然而,正如桓武天皇为防止断子绝孙和父系继承在一两代人之后破产而做出的妥协安排一样,多位潜在皇子的问题也构成了平安时期王朝政治中不断更新的不稳定因素。如果藤原同辈的孩子也与不同的王子结成联盟,将很难消除两个家庭同时分裂的风险。事实上,直到公元1000年前后道家藤原垄断了历代帝王的亲家,并分别统一了“王通”和藤原北贾的正统血统,平安朝宫廷政治的主旋律才是两个近亲的重叠和竞争。只有在道家藤原的基础上,平安后期的皇帝才能够脱离与后世摄政王合作的模式,转而在去世前退位成为太上皇,从而直接对年轻的继承人行使父权制,使“皇帝”的称号成为正式的工具,藤原北方家族在外国的权力通过礼仪、文书管理、议事等手段得以固化。可以说,正是在这种“外戚统治政治”的建设性模式下,前历史时代依靠国王个人权威的制度在平安时期逐渐成为一种基于政治传统的系统化的“天皇制”,一直延续到明治维新。

王图与王敏:东洋“旧制度”的诞生

为应对19世纪的国际形势,明治时代的日本现代化进程中,除了建立轻重工业设施和军事力量追赶西方之外,还试图打破江户时代根深蒂固的身份制度,用“一君万众”的民族国家取代以个人从属为基础的封建秩序。然而,在鲍莉道久看来,无论是将整个日本列岛置于天皇权力之下的皇权思想,还是被认为与这一思想相矛盾的封建秩序,本质上都源于平安时期的政治和社会发展。

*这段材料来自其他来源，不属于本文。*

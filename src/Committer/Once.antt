-- ===== src/Committer/Once.antt =====
-- About the identities that the service of proofs/zktorch-committer/src/main.rs has used.
use verification_tooling.Prelude.{
  List, [], ◌∷◌, Bool-cases, Bytes, some, ok, err, result_cases, ◌≡◌, inl, inr, ◌∙◌, arith,
}
use verification_tooling.Types.Records.{hash32_eq, ContentCommitment, zktorch_kzg_bn254_v1}
use verification_tooling.Primitives.{Primitives}
use verification_tooling.Commitment.{hash_bytes}
use verification_tooling.Committer.{
  CommitError, identity_used, no_directory, TensorLibrary, CommitterState, CommitRequest,
  opening_of, exists, Prepared, prepare, store, commit_inner, commit_all,
}
use verification_tooling.Committer.Laws.{
  Canonical, prepare-Canonical, same_identity, kept_spec, commit_all_keeps,
}

module _ (x : Primitives) (library : TensorLibrary) where
  -- What a successful commitment leaves behind.
  pub record CommittedOnce (s : CommitterState) (r : CommitRequest) (c : ContentCommitment)
      (rs : List CommitRequest) (q : CommitRequest) : Type 0 where
    pub prepared : Prepared
    pub canonical : Canonical x library s.spec r prepared
    pub commitment_same :
        c ≡ record { scheme = zktorch_kzg_bn254_v1; digest = hash_bytes x prepared.encoded }
    pub opening_kept :
        opening_of
          (commit_all x library (commit_inner x library s r).1 rs).openings
          prepared.identity
        ≡ some prepared.opening
    pub refused : CommitError
    pub refuses :
        (commit_inner x library (commit_all x library (commit_inner x library s r).1 rs) q).0
        ≡ err refused

  stored :
      (s : CommitterState) (r : CommitRequest) (p : Prepared) (c : ContentCommitment)
      → (store x library s r p).0 ≡ ok c
      → (c ≡ record { scheme = zktorch_kzg_bn254_v1; digest = hash_bytes x p.encoded })
        × (opening_of (store x library s r p).1.openings p.identity ≡ some p.opening)
  unfolding store opening_of
  stored s r p c h = (ground arith, ground arith)

  refused_again :
      (s : CommitterState) (q : CommitRequest) (p : Prepared) (o : Bytes)
      → opening_of s.openings p.identity ≡ some o
      → (e : CommitError) × ((store x library s q p).0 ≡ err e)
  unfolding store exists
  refused_again s q p o h = elim (Bool-cases q.directory) [
    | inl there ↦ (identity_used, ground (arith, there, h))
    | inr missing ↦ (no_directory, ground (arith, missing))
  ]

  one_spec : (s : CommitterState) (r : CommitRequest) → (commit_inner x library s r).1.spec ≡ s.spec
  unfolding commit_inner commit_all
  one_spec s r = kept_spec x library s (r ∷ [])

  again :
      (s : CommitterState) (r q : CommitRequest) (p : Prepared) (after : CommitterState)
      (rs : List CommitRequest)
      → prepare x library s.spec r ≡ ok p
      → q.headers ≡ r.headers
      → after.spec ≡ s.spec
      → opening_of (commit_all x library after rs).openings p.identity ≡ some p.opening
      → (e : CommitError) × ((commit_inner x library (commit_all x library after rs) q).0 ≡ err e)
  unfolding commit_inner
  again s r q p after rs hp same fixed kept =
      let now = commit_all x library after rs in
      let spec : now.spec ≡ s.spec = kept_spec x library after rs ∙ fixed in
      elim (result_cases (prepare x library now.spec q)) [
        | inr (e, failed) ↦ (e, ground (arith, failed))
        | inl (o, ho) ↦
            let identity : o.identity ≡ p.identity =
              same_identity x library s.spec r q p o same hp (ground (arith, ho, spec)) in
            let (e, refusal) = refused_again now q o p.opening (ground (arith, kept, identity)) in
            (e, ground (arith, ho, refusal))
      ]

  -- A successful commitment is to a tensor in its canonical encoding, with the specified shape
  -- and as many values as the product of its dimensions, and reports the digest of its data;
  -- after any further requests its opening is unchanged, and each request with the same headers
  -- fails.
  pub commit_inner-once :
      (s : CommitterState) (r : CommitRequest) (c : ContentCommitment) (rs : List CommitRequest)
      (q : CommitRequest)
      → (commit_inner x library s r).0 ≡ ok c
      → q.headers ≡ r.headers
      → CommittedOnce s r c rs q
  unfolding commit_inner
  commit_inner-once s r c rs q h same = elim (result_cases (prepare x library s.spec r)) [
    | inr (e, failed) ↦ absurd (ground arith)
    | inl (p, hp) ↦
        let first = stored s r p c (ground arith) in
        let after = (commit_inner x library s r).1 in
        let there : opening_of after.openings p.identity ≡ some p.opening =
          ground (arith, hp, first.1) in
        let kept = commit_all_keeps x library after rs p.identity p.opening there in
        let (e, refusal) = again s r q p after rs hp same (one_spec s r) kept in
        record {
          prepared = p;
          canonical = prepare-Canonical x library s.spec r p hp;
          commitment_same = first.0;
          opening_kept = kept;
          refused = e;
          refuses = refusal;
        }
  ]
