-- ===== src/CuPow/Matrix.antt =====
-- `F251Matrix`, `add` and `subtract` of crates/pocomp-protocol/src/cupow.rs.
pub mod Laws
use verification_tooling.Prelude.{
  ℕ, ◌+◌, ◌-◌, ◌*◌, ◌%◌, ◌^◌, List, [], ◌∷◌, Bool, true, false, ◌||◌, ◌==◌, ◌≠◌, nat_eq, leb,
  length, Result, ok, err, ◌>>=◌, ◌>>◌, reject_if,
}
use verification_tooling.CuPow.{CuPowError, matrix_shape, matrix_operation, f251_modulus}

pub record F251Matrix : Type 0 where
  pub rows : ℕ
  pub columns : ℕ
  pub values : List ℕ

-- `values.iter().any(|value| u16::from(*value) >= F251_MODULUS)`
unfoldable pub any_outside : List ℕ → Bool
any_outside [] = false
any_outside (v ∷ vs) = leb f251_modulus v || any_outside vs

-- `F251Matrix::new`. A product of two `u32` does not leave `u64`.
unfoldable pub new : ℕ → ℕ → List ℕ → Result CuPowError F251Matrix
new rows columns values = do
  reject_if (rows == 0 || columns == 0 || length values ≠ rows * columns || any_outside values)
      matrix_shape
  ok (record { rows = rows; columns = columns; values = values })

-- `left.iter().zip(right).map(f).collect()`
unfoldable pub zip_map : (ℕ → ℕ → ℕ) → List ℕ → List ℕ → List ℕ
zip_map f [] ys = []
zip_map f (a ∷ xs) [] = []
zip_map f (a ∷ xs) (b ∷ ys) = f a b ∷ zip_map f xs ys

-- Both closures end in `as u8`. The subtraction of the second is one of `u16`: for two residues it
-- does not leave it, and for other bytes it wraps where overflow is not checked.
unfoldable pub add_f251 : ℕ → ℕ → ℕ
add_f251 a b = (a + b) % f251_modulus % 2 ^ 8

unfoldable pub subtract_f251 : ℕ → ℕ → ℕ
subtract_f251 a b = (a + f251_modulus + 2 ^ 16 - b) % 2 ^ 16 % f251_modulus % 2 ^ 8

unfoldable pub add : F251Matrix → F251Matrix → Result CuPowError F251Matrix
add left right = do
  reject_if (left.rows ≠ right.rows || left.columns ≠ right.columns) matrix_operation
  new left.rows left.columns (zip_map add_f251 left.values right.values)

unfoldable pub subtract : F251Matrix → F251Matrix → Result CuPowError F251Matrix
subtract left right = do
  reject_if (left.rows ≠ right.rows || left.columns ≠ right.columns) matrix_operation
  new left.rows left.columns (zip_map subtract_f251 left.values right.values)
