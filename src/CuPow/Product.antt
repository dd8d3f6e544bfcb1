-- ===== src/CuPow/Product.antt =====
-- `F251Matrix::index`, `matmul_f251` and `stripe_product` of crates/pocomp-protocol/src/cupow.rs.
pub mod Tables
pub mod Entries
pub mod Whole
pub mod Laws
use verification_tooling.Prelude.{
  ℕ, zero, suc, ◌+◌, ◌*◌, ◌%◌, ◌^◌, List, [], ◌∷◌, ◌++◌, Bool, ◌≠◌, nat_eq, leb, get_elem?, Result,
  ok, err, ◌>>=◌, ◌>>◌, reject_if, ok_or,
}
use verification_tooling.CuPow.{CuPowError, matrix_operation, f251_modulus}
use verification_tooling.CuPow.Matrix.{F251Matrix, new}

-- How a computation on matrices can end without a result: an index outside the values panics, and a
-- loop without a bound of its own can still be running when the fuel of the model is spent.
pub data Fault : Type 0 where
  panicked running : Fault
  failed : CuPowError → Fault

-- `?` on a result whose error is not a panic.
abbrev pub try {ℓ} : {A : Type ℓ} → Result CuPowError A → Result Fault A
try (ok a) = ok a
try (err e) = err (failed e)

unfoldable pub index : F251Matrix → ℕ → ℕ → Result Fault ℕ
index m row column = ok_or (get_elem? m.values (row * m.columns + column)) panicked

module _ (left right : F251Matrix) where
  -- The fold over `start..start + width`, with the sum so far. A product of two bytes and a residue
  -- do not leave `u32`.
  unfoldable pub dot : ℕ → ℕ → ℕ → ℕ → ℕ → Result Fault ℕ
  dot row column start zero sum = ok sum
  dot row column start (suc width) sum = do
    a ← index left row start
    b ← index right start column
    dot row column (suc start) width ((sum + a * b) % f251_modulus)

  -- The value of one cell, by `u8::try_from`.
  unfoldable pub cell : ℕ → ℕ → ℕ → ℕ → Result Fault ℕ
  cell start width row column = do
    value ← dot row column start width 0
    reject_if (leb (2 ^ 8) value) (failed matrix_operation)
    ok value

  -- The loops write the cells of the output once each, row by row: `count` columns from `column`,
  -- and `rows` rows from `row`.
  unfoldable pub fill_row : ℕ → ℕ → ℕ → ℕ → ℕ → Result Fault (List ℕ)
  fill_row start width row column zero = ok []
  fill_row start width row column (suc count) = do
    value ← cell start width row column
    rest ← fill_row start width row (suc column) count
    ok (value ∷ rest)

  unfoldable pub fill : ℕ → ℕ → ℕ → ℕ → ℕ → Result Fault (List ℕ)
  fill start width columns row zero = ok []
  fill start width columns row (suc rows) = do
    values ← fill_row start width row 0 columns
    rest ← fill start width columns (suc row) rows
    ok (values ++ rest)

  unfoldable pub matmul_f251 : Result Fault F251Matrix
  matmul_f251 = do
    reject_if (left.columns ≠ right.rows) (failed matrix_operation)
    output ← fill 0 left.columns right.columns 0 left.rows
    try (new left.rows right.columns output)

  unfoldable pub stripe_product : ℕ → ℕ → Result Fault F251Matrix
  stripe_product start width = do
    output ← fill start width left.rows 0 left.rows
    try (new left.rows right.columns output)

华语世界的历史教科书往往把“大华变法与明治维新”作为日本历史上的一件大事。他们认为,伟大的兄弟和皇帝通过大华改革创新夺取政权后,积极引进唐制,创造了一个以租庸比为基础的法制国家。值得注意的是,据史书记载,“大华至新异”政变的借口是朝鲜半岛使臣前来献“御调”,这里的“调”与“大华至新异”后建立的租庸调体系中的“调”完全一样。在中世纪的中国,“条”是政府直接向人民征收的一种税,但正如关于“大华至革新”的记载所显示的,日本语境中的“条”原本是指其他氏族向日本皇族献上的贡品。换句话说,大华变法建立的所谓唐制,更多的是一种以隋唐法律为基础的文书行政制度。至于以带有神权色彩的日本国王为宗主,整合众多宗族的古代宗族国家传统,既没有深入基层社会,也没有明确的外部边界。

虽然在史书中常被认为是封建割据的起源地,但平安时期的新兴贵族大多与桓武以来的田氏皇族及其后裔北族有着密切的关系。表面上看,他们在当地社会的权力扩张导致了法律体系的瓦解,但客观上,法院政治的凝聚力在空之前就渗透到了整个群岛。到了12世纪,边界完整、管理制度健全的庄园基本上已经成为涵盖山野耕地、人口和河海资源的行政单位。在后世,以“王图王民”思想为基础,旨在限制右门和圈地的“庄园安排令”,恰恰证明了平安时期的皇室意志,在藤原摄政王北方家族的支持下,通过贵族之间的内部联系,能够比以前更深入地到达当地社会的基层。在这个日益壮大的统治体系中,那些用文武双全的本领为上级权威服务,或维护治安、保障平安京大贵族安全,或管理领土、控制地方社会民众的人,才是后来日本历史上大放异彩的“仆从”。即使在镰仓幕府和吴佳政治兴起之后,平安时期形成的政治和社会格局也没有发生颠覆性的变化。相反,平安时期以来以自上而下、公私混合的“服务员”制度为基础的社会组织形式直到明治维新才果断结束。

时至今日,如果把明治时代比作日本历史上的“大革命”,它所针对的“旧制度”依然带有平安时期留下的色彩。然而,正如单纯讲述“大革命”如何推翻“旧制度”的书不能概括法国历史一样,单方面将平安时期斥之为“腐朽”或“反动”世界的叙述,也不能揭示日本历史的真实面貌。一直以来都是冠军的平安时期,只是日本年轻读者的热门作品,却在“微观”的王朝政治和“宏观”的社会变迁之间实现了微妙的平衡。未来,如果中国读者有机会以这本短小精悍的书为切入点,进一步接触富田直树、户大方时等中世纪日本历史学家的具体论述,将进一步发现平安时期和日本文化传统中更多意想不到的魅力和微妙之处。